■ Task requirements:
Set down exactly the lines of the listing below, please, beginning with the first and ending with the line that holds "overran-IsText t b".

■ Entries provided:
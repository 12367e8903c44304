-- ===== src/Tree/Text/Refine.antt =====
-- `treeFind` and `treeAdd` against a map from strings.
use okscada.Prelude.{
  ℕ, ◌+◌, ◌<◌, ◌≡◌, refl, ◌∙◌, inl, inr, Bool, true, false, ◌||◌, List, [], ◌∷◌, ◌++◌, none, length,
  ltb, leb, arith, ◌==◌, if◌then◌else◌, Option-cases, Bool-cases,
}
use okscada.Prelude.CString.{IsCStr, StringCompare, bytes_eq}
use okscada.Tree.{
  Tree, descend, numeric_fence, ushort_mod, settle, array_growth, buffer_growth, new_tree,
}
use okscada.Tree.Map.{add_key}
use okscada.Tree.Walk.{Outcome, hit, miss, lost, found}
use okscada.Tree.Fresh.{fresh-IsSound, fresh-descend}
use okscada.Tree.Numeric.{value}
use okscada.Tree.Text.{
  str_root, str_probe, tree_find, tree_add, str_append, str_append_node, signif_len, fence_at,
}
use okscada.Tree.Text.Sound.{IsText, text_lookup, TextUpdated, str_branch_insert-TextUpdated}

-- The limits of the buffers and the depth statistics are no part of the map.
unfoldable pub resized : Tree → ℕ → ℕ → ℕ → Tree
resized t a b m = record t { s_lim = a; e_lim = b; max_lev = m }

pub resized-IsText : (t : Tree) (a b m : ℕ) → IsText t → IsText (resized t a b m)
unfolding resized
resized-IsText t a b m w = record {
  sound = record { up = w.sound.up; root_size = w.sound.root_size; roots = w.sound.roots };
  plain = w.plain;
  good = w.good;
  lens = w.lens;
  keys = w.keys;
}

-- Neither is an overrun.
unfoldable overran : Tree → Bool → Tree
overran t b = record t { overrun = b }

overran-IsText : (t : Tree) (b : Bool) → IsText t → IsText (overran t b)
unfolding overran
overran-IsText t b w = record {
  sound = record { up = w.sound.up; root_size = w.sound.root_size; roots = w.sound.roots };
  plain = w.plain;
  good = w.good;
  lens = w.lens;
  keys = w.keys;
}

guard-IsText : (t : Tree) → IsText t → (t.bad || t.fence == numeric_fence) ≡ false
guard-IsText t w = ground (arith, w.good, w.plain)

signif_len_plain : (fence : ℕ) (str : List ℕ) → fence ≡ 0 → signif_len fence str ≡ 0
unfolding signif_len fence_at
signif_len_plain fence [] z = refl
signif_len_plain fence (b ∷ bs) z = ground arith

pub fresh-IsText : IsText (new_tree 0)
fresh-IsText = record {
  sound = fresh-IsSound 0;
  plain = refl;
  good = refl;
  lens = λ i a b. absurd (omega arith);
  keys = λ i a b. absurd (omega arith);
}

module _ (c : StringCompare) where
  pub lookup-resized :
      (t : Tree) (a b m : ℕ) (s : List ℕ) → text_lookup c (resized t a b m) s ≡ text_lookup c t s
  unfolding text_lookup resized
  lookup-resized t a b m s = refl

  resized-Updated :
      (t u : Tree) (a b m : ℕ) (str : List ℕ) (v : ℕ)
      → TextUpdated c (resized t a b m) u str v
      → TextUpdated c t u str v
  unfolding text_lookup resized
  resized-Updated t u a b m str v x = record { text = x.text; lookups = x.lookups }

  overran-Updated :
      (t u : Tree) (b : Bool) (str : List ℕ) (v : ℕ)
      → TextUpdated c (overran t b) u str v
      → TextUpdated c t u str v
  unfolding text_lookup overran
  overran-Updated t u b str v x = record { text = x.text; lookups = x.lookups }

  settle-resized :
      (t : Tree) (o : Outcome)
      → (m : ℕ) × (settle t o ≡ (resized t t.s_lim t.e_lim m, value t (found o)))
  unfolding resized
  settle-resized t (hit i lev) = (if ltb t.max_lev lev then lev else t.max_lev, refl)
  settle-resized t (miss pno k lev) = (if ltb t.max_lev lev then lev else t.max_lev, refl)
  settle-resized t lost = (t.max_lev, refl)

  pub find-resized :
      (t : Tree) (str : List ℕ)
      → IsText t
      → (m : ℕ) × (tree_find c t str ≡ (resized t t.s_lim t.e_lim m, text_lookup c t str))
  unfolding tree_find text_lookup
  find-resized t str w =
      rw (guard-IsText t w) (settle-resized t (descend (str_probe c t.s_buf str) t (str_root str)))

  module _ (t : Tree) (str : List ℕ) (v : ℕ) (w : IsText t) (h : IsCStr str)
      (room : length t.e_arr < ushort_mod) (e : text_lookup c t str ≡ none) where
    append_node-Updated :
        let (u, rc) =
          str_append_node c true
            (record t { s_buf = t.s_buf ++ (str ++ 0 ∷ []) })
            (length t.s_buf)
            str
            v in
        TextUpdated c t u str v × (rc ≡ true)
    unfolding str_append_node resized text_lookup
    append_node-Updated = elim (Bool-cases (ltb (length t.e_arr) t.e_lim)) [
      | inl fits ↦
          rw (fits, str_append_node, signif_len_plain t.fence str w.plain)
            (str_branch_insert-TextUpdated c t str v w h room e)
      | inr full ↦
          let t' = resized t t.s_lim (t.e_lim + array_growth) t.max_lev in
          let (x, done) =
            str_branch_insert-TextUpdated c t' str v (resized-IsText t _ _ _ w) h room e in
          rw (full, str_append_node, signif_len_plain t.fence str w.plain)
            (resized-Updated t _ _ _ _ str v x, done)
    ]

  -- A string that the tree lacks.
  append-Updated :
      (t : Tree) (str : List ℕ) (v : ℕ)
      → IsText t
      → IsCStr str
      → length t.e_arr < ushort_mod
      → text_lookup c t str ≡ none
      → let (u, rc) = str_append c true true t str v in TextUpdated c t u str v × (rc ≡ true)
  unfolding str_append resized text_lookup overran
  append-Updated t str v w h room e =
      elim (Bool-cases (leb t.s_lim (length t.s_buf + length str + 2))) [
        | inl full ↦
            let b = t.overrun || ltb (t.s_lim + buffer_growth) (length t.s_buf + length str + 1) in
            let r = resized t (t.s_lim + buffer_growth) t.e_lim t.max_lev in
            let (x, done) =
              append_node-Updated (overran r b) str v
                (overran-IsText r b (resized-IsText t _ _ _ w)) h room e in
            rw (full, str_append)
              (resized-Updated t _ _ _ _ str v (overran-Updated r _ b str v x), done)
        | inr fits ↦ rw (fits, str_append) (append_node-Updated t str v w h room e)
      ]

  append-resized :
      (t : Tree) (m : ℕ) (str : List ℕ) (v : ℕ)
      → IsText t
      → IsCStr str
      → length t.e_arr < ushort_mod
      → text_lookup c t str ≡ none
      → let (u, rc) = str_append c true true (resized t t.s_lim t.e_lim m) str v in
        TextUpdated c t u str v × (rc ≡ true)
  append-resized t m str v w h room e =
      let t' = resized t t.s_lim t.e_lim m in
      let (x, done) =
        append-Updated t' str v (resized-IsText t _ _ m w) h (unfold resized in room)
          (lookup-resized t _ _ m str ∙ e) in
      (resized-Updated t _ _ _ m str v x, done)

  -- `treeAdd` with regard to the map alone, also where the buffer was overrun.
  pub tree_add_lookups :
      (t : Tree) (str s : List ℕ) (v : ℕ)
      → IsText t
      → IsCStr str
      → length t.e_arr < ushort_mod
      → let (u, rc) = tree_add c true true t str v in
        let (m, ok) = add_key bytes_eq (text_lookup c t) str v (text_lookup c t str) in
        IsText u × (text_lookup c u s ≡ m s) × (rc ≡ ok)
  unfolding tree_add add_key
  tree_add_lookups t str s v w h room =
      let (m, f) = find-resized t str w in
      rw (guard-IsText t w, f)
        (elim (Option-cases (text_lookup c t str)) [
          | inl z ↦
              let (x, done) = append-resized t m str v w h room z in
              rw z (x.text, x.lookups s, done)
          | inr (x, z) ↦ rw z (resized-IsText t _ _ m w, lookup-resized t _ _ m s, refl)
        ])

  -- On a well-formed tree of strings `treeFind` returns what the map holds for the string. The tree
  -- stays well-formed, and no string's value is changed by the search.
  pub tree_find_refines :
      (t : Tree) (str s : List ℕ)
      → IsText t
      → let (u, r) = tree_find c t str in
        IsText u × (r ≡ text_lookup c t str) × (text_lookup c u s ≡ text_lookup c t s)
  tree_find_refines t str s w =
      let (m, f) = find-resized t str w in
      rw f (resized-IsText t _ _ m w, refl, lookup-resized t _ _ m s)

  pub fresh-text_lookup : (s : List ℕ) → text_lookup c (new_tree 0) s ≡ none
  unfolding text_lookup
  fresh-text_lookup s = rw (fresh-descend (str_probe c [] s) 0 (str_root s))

■ Result below:
repository 12367e8903c44304
-- ===== src/Tree/Text/Refine.antt =====
-- `treeFind` and `treeAdd` against a map from strings.
use okscada.Prelude.{
  ℕ, ◌+◌, ◌<◌, ◌≡◌, refl, ◌∙◌, inl, inr, Bool, true, false, ◌||◌, List, [], ◌∷◌, ◌++◌, none, length,
  ltb, leb, arith, ◌==◌, if◌then◌else◌, Option-cases, Bool-cases,
}
use okscada.Prelude.CString.{IsCStr, StringCompare, bytes_eq}
use okscada.Tree.{
  Tree, descend, numeric_fence, ushort_mod, settle, array_growth, buffer_growth, new_tree,
}
use okscada.Tree.Map.{add_key}
use okscada.Tree.Walk.{Outcome, hit, miss, lost, found}
use okscada.Tree.Fresh.{fresh-IsSound, fresh-descend}
use okscada.Tree.Numeric.{value}
use okscada.Tree.Text.{
  str_root, str_probe, tree_find, tree_add, str_append, str_append_node, signif_len, fence_at,
}
use okscada.Tree.Text.Sound.{IsText, text_lookup, TextUpdated, str_branch_insert-TextUpdated}

-- The limits of the buffers and the depth statistics are no part of the map.
unfoldable pub resized : Tree → ℕ → ℕ → ℕ → Tree
resized t a b m = record t { s_lim = a; e_lim = b; max_lev = m }

pub resized-IsText : (t : Tree) (a b m : ℕ) → IsText t → IsText (resized t a b m)
unfolding resized
resized-IsText t a b m w = record {
  sound = record { up = w.sound.up; root_size = w.sound.root_size; roots = w.sound.roots };
  plain = w.plain;
  good = w.good;
  lens = w.lens;
  keys = w.keys;
}

-- Neither is an overrun.
unfoldable overran : Tree → Bool → Tree
overran t b = record t { overrun = b }

overran-IsText : (t : Tree) (b : Bool) → IsText t → IsText (overran t b)
unfolding overran
overran-IsText t b w = record {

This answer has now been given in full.